Top of Material to process

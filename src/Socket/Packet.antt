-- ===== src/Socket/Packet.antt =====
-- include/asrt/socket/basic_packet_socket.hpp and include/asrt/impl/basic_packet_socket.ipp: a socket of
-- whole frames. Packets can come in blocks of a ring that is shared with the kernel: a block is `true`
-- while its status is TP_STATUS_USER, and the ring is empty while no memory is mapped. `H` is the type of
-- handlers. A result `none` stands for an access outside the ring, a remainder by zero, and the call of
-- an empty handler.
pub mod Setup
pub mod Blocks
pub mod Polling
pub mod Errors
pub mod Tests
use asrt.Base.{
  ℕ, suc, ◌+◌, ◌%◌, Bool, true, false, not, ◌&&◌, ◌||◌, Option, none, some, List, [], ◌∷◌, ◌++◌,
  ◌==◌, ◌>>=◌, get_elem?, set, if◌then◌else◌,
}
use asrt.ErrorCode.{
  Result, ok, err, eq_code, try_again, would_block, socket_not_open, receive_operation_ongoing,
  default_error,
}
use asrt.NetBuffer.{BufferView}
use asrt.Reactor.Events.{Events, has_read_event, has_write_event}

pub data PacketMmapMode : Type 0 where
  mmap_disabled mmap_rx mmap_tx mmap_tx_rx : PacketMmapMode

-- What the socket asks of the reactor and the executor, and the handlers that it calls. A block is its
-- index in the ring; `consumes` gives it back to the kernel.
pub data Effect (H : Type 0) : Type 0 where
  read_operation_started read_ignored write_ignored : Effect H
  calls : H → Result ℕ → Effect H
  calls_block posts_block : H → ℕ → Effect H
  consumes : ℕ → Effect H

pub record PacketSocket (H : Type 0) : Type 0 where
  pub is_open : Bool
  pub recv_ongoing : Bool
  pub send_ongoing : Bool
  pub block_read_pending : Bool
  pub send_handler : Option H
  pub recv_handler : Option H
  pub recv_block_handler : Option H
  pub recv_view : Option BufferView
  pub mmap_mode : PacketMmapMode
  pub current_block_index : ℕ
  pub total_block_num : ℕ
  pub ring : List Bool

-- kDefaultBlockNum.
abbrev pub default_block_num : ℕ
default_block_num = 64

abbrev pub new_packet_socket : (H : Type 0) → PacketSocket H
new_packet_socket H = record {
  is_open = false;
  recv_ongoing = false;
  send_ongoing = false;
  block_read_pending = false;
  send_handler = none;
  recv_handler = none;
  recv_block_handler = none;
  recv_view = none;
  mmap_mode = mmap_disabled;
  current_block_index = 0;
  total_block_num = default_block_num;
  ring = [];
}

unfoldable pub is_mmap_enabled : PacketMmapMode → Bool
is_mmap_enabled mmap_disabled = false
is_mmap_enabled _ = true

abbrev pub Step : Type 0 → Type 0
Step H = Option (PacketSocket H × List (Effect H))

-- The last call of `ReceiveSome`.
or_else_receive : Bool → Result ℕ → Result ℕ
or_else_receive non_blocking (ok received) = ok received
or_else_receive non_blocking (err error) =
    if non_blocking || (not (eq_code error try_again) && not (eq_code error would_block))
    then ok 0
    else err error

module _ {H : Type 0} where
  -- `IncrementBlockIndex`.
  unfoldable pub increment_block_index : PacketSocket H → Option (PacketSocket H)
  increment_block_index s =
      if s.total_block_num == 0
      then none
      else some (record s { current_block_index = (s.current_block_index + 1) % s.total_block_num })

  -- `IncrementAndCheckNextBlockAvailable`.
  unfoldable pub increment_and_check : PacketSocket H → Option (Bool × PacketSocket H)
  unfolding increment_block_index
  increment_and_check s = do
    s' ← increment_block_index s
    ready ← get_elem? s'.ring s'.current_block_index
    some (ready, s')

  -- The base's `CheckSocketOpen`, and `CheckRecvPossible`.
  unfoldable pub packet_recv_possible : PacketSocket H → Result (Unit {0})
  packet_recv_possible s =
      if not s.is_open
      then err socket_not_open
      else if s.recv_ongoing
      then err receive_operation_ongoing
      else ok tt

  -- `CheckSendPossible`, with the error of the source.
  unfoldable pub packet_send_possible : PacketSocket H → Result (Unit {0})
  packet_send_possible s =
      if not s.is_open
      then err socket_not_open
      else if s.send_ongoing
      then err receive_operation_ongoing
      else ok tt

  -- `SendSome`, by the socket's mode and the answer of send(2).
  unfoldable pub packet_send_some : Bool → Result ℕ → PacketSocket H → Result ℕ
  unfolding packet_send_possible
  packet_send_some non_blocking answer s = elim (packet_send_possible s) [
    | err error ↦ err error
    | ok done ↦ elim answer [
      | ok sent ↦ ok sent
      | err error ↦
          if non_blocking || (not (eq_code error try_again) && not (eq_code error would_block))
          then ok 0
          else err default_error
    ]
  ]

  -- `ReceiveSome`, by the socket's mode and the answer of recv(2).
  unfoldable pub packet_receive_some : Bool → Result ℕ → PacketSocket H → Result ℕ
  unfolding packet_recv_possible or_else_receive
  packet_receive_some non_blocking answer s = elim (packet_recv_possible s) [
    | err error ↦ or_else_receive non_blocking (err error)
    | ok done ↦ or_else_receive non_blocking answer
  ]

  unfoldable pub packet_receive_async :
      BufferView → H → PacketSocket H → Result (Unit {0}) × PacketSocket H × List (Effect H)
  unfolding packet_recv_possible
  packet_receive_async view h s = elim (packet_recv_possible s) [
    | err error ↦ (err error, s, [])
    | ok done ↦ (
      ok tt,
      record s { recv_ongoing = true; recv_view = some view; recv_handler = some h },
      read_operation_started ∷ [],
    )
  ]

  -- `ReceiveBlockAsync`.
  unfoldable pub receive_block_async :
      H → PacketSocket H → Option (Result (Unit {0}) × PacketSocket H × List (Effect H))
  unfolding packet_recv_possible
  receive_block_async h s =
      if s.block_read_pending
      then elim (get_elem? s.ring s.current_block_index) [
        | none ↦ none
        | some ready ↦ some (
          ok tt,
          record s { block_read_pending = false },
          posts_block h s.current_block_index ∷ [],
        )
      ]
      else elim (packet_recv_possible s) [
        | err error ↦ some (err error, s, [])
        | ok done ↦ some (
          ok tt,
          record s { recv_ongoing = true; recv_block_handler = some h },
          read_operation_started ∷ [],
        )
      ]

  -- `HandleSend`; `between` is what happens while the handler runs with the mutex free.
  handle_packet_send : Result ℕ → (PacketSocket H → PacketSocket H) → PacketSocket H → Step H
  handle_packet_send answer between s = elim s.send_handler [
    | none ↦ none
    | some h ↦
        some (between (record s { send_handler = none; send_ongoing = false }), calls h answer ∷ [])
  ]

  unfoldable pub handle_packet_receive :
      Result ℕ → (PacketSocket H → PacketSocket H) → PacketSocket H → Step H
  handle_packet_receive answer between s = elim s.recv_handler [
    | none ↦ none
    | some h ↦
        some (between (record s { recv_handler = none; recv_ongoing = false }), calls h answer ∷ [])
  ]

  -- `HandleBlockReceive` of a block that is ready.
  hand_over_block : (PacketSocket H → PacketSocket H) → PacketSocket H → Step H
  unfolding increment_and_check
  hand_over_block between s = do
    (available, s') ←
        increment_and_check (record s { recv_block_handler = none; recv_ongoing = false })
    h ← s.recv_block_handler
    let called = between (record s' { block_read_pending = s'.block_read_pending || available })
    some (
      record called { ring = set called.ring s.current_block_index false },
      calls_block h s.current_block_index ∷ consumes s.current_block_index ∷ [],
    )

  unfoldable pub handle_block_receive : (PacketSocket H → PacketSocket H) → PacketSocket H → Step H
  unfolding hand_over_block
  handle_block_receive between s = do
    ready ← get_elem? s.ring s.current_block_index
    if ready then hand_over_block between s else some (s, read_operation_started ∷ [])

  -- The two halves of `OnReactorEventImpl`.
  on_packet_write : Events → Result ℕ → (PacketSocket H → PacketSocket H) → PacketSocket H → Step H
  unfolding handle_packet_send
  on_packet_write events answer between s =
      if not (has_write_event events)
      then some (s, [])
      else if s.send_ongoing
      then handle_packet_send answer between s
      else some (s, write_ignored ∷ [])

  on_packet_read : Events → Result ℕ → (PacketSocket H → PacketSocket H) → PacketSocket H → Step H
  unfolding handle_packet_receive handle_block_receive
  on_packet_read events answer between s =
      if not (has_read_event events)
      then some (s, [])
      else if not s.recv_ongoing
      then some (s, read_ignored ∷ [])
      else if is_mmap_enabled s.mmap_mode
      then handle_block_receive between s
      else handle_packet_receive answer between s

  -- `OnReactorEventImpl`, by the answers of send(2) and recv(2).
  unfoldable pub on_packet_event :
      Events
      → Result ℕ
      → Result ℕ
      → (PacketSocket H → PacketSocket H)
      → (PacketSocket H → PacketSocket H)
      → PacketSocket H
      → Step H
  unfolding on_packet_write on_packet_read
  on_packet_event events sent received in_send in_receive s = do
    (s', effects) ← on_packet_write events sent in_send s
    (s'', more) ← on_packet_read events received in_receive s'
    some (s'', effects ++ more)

Bottom of Material to process

■ Work request:
Give again, word for word, every line of the listing above from the one with "then elim (get_elem?" to the one with "unfolding hand_over_block", both inclusive, and nothing beyond them.

■ Answer to this exercise:
      then elim (get_elem? s.ring s.current_block_index) [
        | none ↦ none
        | some ready ↦ some (
          ok tt,
          record s { block_read_pending = false },
          posts_block h s.current_block_index ∷ [],
        )
      ]
      else elim (packet_recv_possible s) [
        | err error ↦ some (err error, s, [])
        | ok done ↦ some (
          ok tt,
          record s { recv_ongoing = true; recv_block_handler = some h },
          read_operation_started ∷ [],
        )
      ]

  -- `HandleSend`; `between` is what happens while the handler runs with the mutex free.
  handle_packet_send : Result ℕ → (PacketSocket H → PacketSocket H) → PacketSocket H → Step H
  handle_packet_send answer between s = elim s.send_handler [
    | none ↦ none
    | some h ↦
        some (between (record s { send_handler = none; send_ongoing = false }), calls h answer ∷ [])
  ]

  unfoldable pub handle_packet_receive :
      Result ℕ → (PacketSocket H → PacketSocket H) → PacketSocket H → Step H
  handle_packet_receive answer between s = elim s.recv_handler [
    | none ↦ none
    | some h ↦
        some (between (record s { recv_handler = none; recv_ongoing = false }), calls h answer ∷ [])
  ]

  -- `HandleBlockReceive` of a block that is ready.
  hand_over_block : (PacketSocket H → PacketSocket H) → PacketSocket H → Step H
  unfolding increment_and_check
  hand_over_block between s = do
    (available, s') ←
        increment_and_check (record s { recv_block_handler = none; recv_ongoing = false })
    h ← s.recv_block_handler
    let called = between (record s' { block_read_pending = s'.block_read_pending || available })
    some (
      record called { ring = set called.ring s.current_block_index false },
      calls_block h s.current_block_index ∷ consumes s.current_block_index ∷ [],
    )

  unfoldable pub handle_block_receive : (PacketSocket H → PacketSocket H) → PacketSocket H → Step H
  unfolding hand_over_block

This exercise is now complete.